Na wyjeździe na działkę (siedzimy już rok czasu), stwierdziliśmy, że trudno zabieramy naszego niunia w takim stanie w jakim jest, pójdzie się na miejscu do weta, może ten akurat coś pomoże. I tak się stało
Pani weterynarz, podjęła 3 próby prze parę miesięcy leczenia antybiotykiem, jak to nie pomogło dostał steryd w odstępie 1,5miesięcznym
Po pierwszym zastrzyku katar jakby ustał. Hura ! taka była radość, ale jak się okazało na miesiąc. 2 tygodnie dłużej przeciągnęłam kota, łudząc się, że może jednak będzie lepiej. Ale tak się nie stało i wylądowaliśmy na kolejnym sterydzie. Teraz jest już 2 miesiące od zastrzyku. katar sączy się mało. Zalepia, zaskleja nosek. Drapie mu ten gilek i jakoś się to kręci. Nie dusi się. Kaszlu praktycznie nie ma, wydzielina z nosa o80% zmalała, jest bardziej właśnie lepiąca ale po tych zastrzykach pojawił się teraz problem nadwagi. I co mnie bardzo martwi. Kot zachowuje się tak, jakby nie miał siły na nic. Śpi całymi dniami i pokłada się na podłodze, a był aktywnym kotem pomimo swojej zdrowotności i wieku. Skakał po meblach, wchodził na drzewa, bawił się jak małe kocięi rozmawiał po kociemu ze mną. A teraz jakby go nie było. Milczący i leżący. Wiem, że to przez steryd. Ale czy tak już mu zostanie ? I co z karmą ? zmienić ? Zjada głównie suchą i mięso surowe.
Proszę podzielcie się ze mną doświadczeniami.

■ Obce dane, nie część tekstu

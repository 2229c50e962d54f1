-- ===== src/Inventory/Limits.antt =====
-- The limits that sgame/sinventory.c keeps: no stock below 0 or above SC_INVENTORY_MAX_ITEMS, and
-- no purchase that the player cannot pay.
use xscorch.Prelude.{
  ℕ, zero, suc, ◌*◌, ◌/◌, ◌≤◌, ◌<◌, List, [], ◌∷◌, true, some, ◌≡◌, ◌⊎◌, inl, inr, arith, set,
  Bool-cases,
}
use xscorch.Prelude.Int.{ℤ, pos, negsuc, ◌+ℤ◌, ◌-ℤ◌, ◌/ℤ◌, ◌≤ℤ◌, int_laws}
use xscorch.Items.{WeaponInfo, AccessoryInfo}
use xscorch.Player.{Player}
use xscorch.Inventory.{
  max_items, infinite, stock, quantity, purchase_price, sale_price, sale_count, can_buy_weapon,
  can_buy_accessory, can_sell_weapon, can_sell_accessory, buy_weapon, buy_accessory, sell_weapon,
  sell_accessory,
}

-- A count that an inventory may hold.
abbrev pub IsCount : ℤ → Type 0
IsCount n = (pos 0 ≤ℤ n) × (n ≤ℤ max_items)

abbrev pub AllCounts : List ℤ → Type 0
AllCounts [] = Unit {0}
AllCounts (n ∷ ns) = IsCount n × AllCounts ns

pub AllCounts-stock : (ns : List ℤ) (i : ℕ) → AllCounts ns → IsCount (stock ns i)
AllCounts-stock [] i h = omega arith
AllCounts-stock (n ∷ ns) zero h = h.0
AllCounts-stock (n ∷ ns) (suc i) h = AllCounts-stock ns i h.1

pub AllCounts-set :
    (ns : List ℤ) (i : ℕ) (n : ℤ) → IsCount n → AllCounts ns → AllCounts (set ns i n)
AllCounts-set [] i n v h = tt
AllCounts-set (m ∷ ns) zero n v h = (v, h.1)
AllCounts-set (m ∷ ns) (suc i) n v h = (h.0, AllCounts-set ns i n v h.1)

-- What the data file promises of an item: neither the price nor the bundle is negative.
abbrev pub IsPriced : ℤ → ℤ → Type 0
IsPriced price bundle = (pos 0 ≤ℤ price) × (pos 0 ≤ℤ bundle)

-- The quantity on offer is what fits of the bundle: never negative, and never above the limit.
pub quantity_bounds :
    (held bundle : ℤ)
    → IsCount held
    → pos 0 ≤ℤ bundle
    → (pos 0 ≤ℤ quantity held bundle)
      × (quantity held bundle ≤ℤ bundle)
      × (held +ℤ quantity held bundle ≤ℤ max_items)
      × ((quantity held bundle ≡ bundle) ⊎ (held +ℤ quantity held bundle ≡ max_items))
unfolding quantity
quantity_bounds (pos h) (pos b) v k = ground arith
quantity_bounds (negsuc h) b v k = absurd (omega arith)
quantity_bounds h (negsuc b) v k = absurd (omega arith)

-- Neither price is negative.
pub purchase_price_nonneg :
    (price bundle count : ℤ)
    → IsPriced price bundle
    → pos 0 ≤ℤ count
    → pos 0 ≤ℤ purchase_price price bundle count
unfolding purchase_price
purchase_price_nonneg (pos p) (pos b) (pos n) v k = ground arith
purchase_price_nonneg (negsuc p) b n v k = absurd (omega arith)
purchase_price_nonneg p (negsuc b) n v k = absurd (omega arith)
purchase_price_nonneg p b (negsuc n) v k = absurd (omega arith)

share-le : (p b n : ℕ) → n < b → p / b * n ≤ p
share-le p b n h = grind arith

-- A sale brings in at least nothing and at most half of the bundle's price.
pub sale_price_bounds :
    (price bundle count : ℤ)
    → IsPriced price bundle
    → pos 0 ≤ℤ count
    → (pos 0 ≤ℤ sale_price price bundle count) × (sale_price price bundle count ≤ℤ price /ℤ pos 2)
unfolding sale_price ◌/ℤ◌
sale_price_bounds (pos p) (pos b) (pos n) v k = ground (arith, share-le p b n)
sale_price_bounds (negsuc p) b n v k = absurd (omega arith)
sale_price_bounds p (negsuc b) n v k = absurd (omega arith)
sale_price_bounds p b (negsuc n) v k = absurd (omega arith)

pub sale_count_bounds :
    (held bundle : ℤ)
    → IsCount held
    → pos 0 ≤ℤ bundle
    → (pos 0 ≤ℤ sale_count held bundle) × (sale_count held bundle ≤ℤ held)
sale_count_bounds held bundle v k = ground arith

-- What a test that lets a purchase through has seen.
pub can_buy_weapon_sound :
    (p : Player) (info : WeaponInfo) (budget : ℤ)
    → can_buy_weapon p (some info) budget ≡ true
    → purchase_price info.price info.bundle (quantity (stock info.inventories p.index) info.bundle)
      ≤ℤ p.money
unfolding can_buy_weapon
can_buy_weapon_sound p info budget h = ground arith

pub can_buy_accessory_sound :
    (p : Player) (info : AccessoryInfo) (budget : ℤ)
    → can_buy_accessory p (some info) budget ≡ true
    → purchase_price info.price info.bundle (quantity (stock info.inventories p.index) info.bundle)
      ≤ℤ p.money
unfolding can_buy_accessory
can_buy_accessory_sound p info budget h = ground arith

-- A purchase that was let through leaves a legal stock.
bought :
    (ns : List ℤ) (i : ℕ) (bundle : ℤ)
    → AllCounts ns
    → pos 0 ≤ℤ bundle
    → AllCounts (set ns i (stock ns i +ℤ quantity (stock ns i) bundle))
bought ns i bundle h b =
    let v = AllCounts-stock ns i h in
    AllCounts-set ns i _ (omega (int_laws, quantity_bounds (stock ns i) bundle v b)) h

sold :
    (ns : List ℤ) (i : ℕ) (bundle : ℤ)
    → AllCounts ns
    → pos 0 ≤ℤ bundle
    → AllCounts (set ns i (stock ns i -ℤ sale_count (stock ns i) bundle))
sold ns i bundle h b =
    let v = AllCounts-stock ns i h in
    AllCounts-set ns i _ (omega (int_laws, sale_count_bounds (stock ns i) bundle v b)) h

-- What a sale pays.
abbrev pub income : List ℤ → ℕ → ℤ → ℤ → ℤ
income ns i price bundle = sale_price price bundle (sale_count (stock ns i) bundle)

income_nonneg :
    (ns : List ℤ) (i : ℕ) (price bundle : ℤ)
    → AllCounts ns
    → IsPriced price bundle
    → pos 0 ≤ℤ income ns i price bundle
income_nonneg ns i price bundle h v =
    (sale_price_bounds price bundle _ v
      (sale_count_bounds (stock ns i) bundle (AllCounts-stock ns i h) v.1).0).0

-- Buying a weapon keeps every stock within its limits, and takes no more than a player who is not in
-- debt has. Assumed: the price and the bundle are not below zero, and the stocks are within their
-- limits before.
pub buy_weapon-AllCounts :
    (p : Player) (info : WeaponInfo)
    → IsPriced info.price info.bundle
    → AllCounts info.inventories
    → AllCounts (buy_weapon p info).2.inventories
      × (pos 0 ≤ℤ p.money → pos 0 ≤ℤ (buy_weapon p info).1.money)
unfolding buy_weapon
buy_weapon-AllCounts p info v h = elim (Bool-cases (can_buy_weapon p (some info) infinite)) [
  | inl e ↦ rw e (
    bought info.inventories p.index info.bundle h v.1,
    λ _. omega (int_laws, can_buy_weapon_sound p info infinite e),
  )
  | inr e ↦ rw e (h, λ m. m)
]

bought_accessory :
    (p : Player) (info : AccessoryInfo)
    → IsPriced info.price info.bundle
    → AllCounts info.inventories
    → AllCounts (buy_accessory p info).2.inventories
      × (pos 0 ≤ℤ p.money → pos 0 ≤ℤ (buy_accessory p info).1.money)
unfolding buy_accessory
bought_accessory p info v h = elim (Bool-cases (can_buy_accessory p (some info) infinite)) [
  | inl e ↦ rw e (
    bought info.inventories p.index info.bundle h v.1,
    λ _. omega (int_laws, can_buy_accessory_sound p info infinite e),
  )
  | inr e ↦ rw e (h, λ m. m)
]

-- Selling a weapon keeps every stock within its limits, and never takes money. Assumed: the price
-- and the bundle are not below zero, and the stocks are within their limits before.
pub sell_weapon-AllCounts :
    (p : Player) (info : WeaponInfo)
    → IsPriced info.price info.bundle
    → AllCounts info.inventories
    → AllCounts (sell_weapon p info).2.inventories × (p.money ≤ℤ (sell_weapon p info).1.money)
unfolding sell_weapon
sell_weapon-AllCounts p info v h = elim (Bool-cases (can_sell_weapon p (some info))) [
  | inl e ↦ rw e (
    sold info.inventories p.index info.bundle h v.1,
    omega (int_laws, income_nonneg info.inventories p.index info.price info.bundle h v),
  )
  | inr e ↦ rw e (h, omega arith)
]

sold_accessory :
    (p : Player) (info : AccessoryInfo)
    → IsPriced info.price info.bundle
    → AllCounts info.inventories
    → AllCounts (sell_accessory p info).2.inventories × (p.money ≤ℤ (sell_accessory p info).1.money)
unfolding sell_accessory
sold_accessory p info v h = elim (Bool-cases (can_sell_accessory p (some info))) [
  | inl e ↦ rw e (
    sold info.inventories p.index info.bundle h v.1,
    omega (int_laws, income_nonneg info.inventories p.index info.price info.bundle h v),
  )
  | inr e ↦ rw e (h, omega arith)
]

-- Buying an accessory keeps every stock within its limits, and takes no more than a player who is
-- not in debt has; selling one keeps every stock within its limits, and never takes money. Assumed:
-- the price and the bundle are as `IsPriced` says, and the stocks are within their limits before.
pub accessory-AllCounts :
    (p : Player) (info : AccessoryInfo)
    → IsPriced info.price info.bundle
    → AllCounts info.inventories
    → (AllCounts (buy_accessory p info).2.inventories
        × (pos 0 ≤ℤ p.money → pos 0 ≤ℤ (buy_accessory p info).1.money))
      × (AllCounts (sell_accessory p info).2.inventories
          × (p.money ≤ℤ (sell_accessory p info).1.money))
accessory-AllCounts p info v h = (bought_accessory p info v h, sold_accessory p info v h)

Może Wasze kotki też coś takiego przechodzą, czy przechodziły ? O co tu chodzi ? Już po tylu latach walki , czuję, że sama słabnę :(

iwwa

 
Posty: 6
Od: Pon sie 09, 2021 20:09

Post » Wto sie 10, 2021 21:35 Re: Bombuś, kot z charakterem

A on nie ma na cos alergii przypadkiem.?Czy teraz jak juz bierze steryd robilas badania krwi ,parametry nerkowr,sterydy nie dzialaja za dobrze na nerki.Co do podnoszenia odpornosci,ja moim z kocim katarem dawalam Geno Mune i nic.Dopiero po Fosprenily im sie troche polepszylo,tylko to zastrzyki sa,daje sie je chyba co drugi lub co trzeci dzien.Juz nie pamietam,bo to latem tamtego roku z nimi jezdzilam
Żadne niebo nie będzie niebem, jeśli nie powitają mnie w nim moje koty.

Myszorek

 
Posty: 4802
Od: Czw sie 08, 2019 8:34

Post » Sob paź 23, 2021 0:22 Re: Bombuś, kot z charakterem

Myszorek pisze:A on nie ma na cos alergii przypadkiem.?Czy teraz jak juz bierze steryd robilas badania krwi ,parametry nerkowr,sterydy nie dzialaja za dobrze na nerki.Co do podnoszenia odpornosci,ja moim z kocim katarem dawalam Geno Mune i nic.Dopiero po Fosprenily im sie troche polepszylo,tylko to zastrzyki sa,daje sie je chyba co drugi lub co trzeci dzien.Juz nie pamietam,bo to latem tamtego roku z nimi jezdzilam

Czy to alergia ? chyba nie, słaba odporność raczej... :( Ale katar na chwilę obecną opanowany , uff Na jak długo ? nie mam pojęcia. Walka z nim trwała prawie rok czasu. Masakra. Dostał kolejną dawkę tego samego antybiotyku 3 raz , było to po sterydzie i wreszcie mu przeszło! Może na jakiś czas będzie spokój.
Teraz dla odmiany wydrapał sobie pół karku. Okropnie to wygląda. Zrobiłam zdjęcie, głowa na dole , łopatki tułów na górze .
Nie jest to coś nowego. Ten problem pojawia się już od paru lat, w okolicach października. Wygląda to na coś alergicznego, chociaż jak go obserwuję, to nie swedzi go ciało, tylko drażni rana. Te konkretne miejsca, bo pazurem to sobie powyrywał i zranił. Pcheł nie ma.
Smaruję kremem Triderm od weta, bo nie chciałam dawać kolejnego sterydu... i dodatkowo na własną rekę smaruję Hydrocortisonum . Może jest trochę lepiej (?) Oj, cieżki żywot mam z tym moim futrzakiem.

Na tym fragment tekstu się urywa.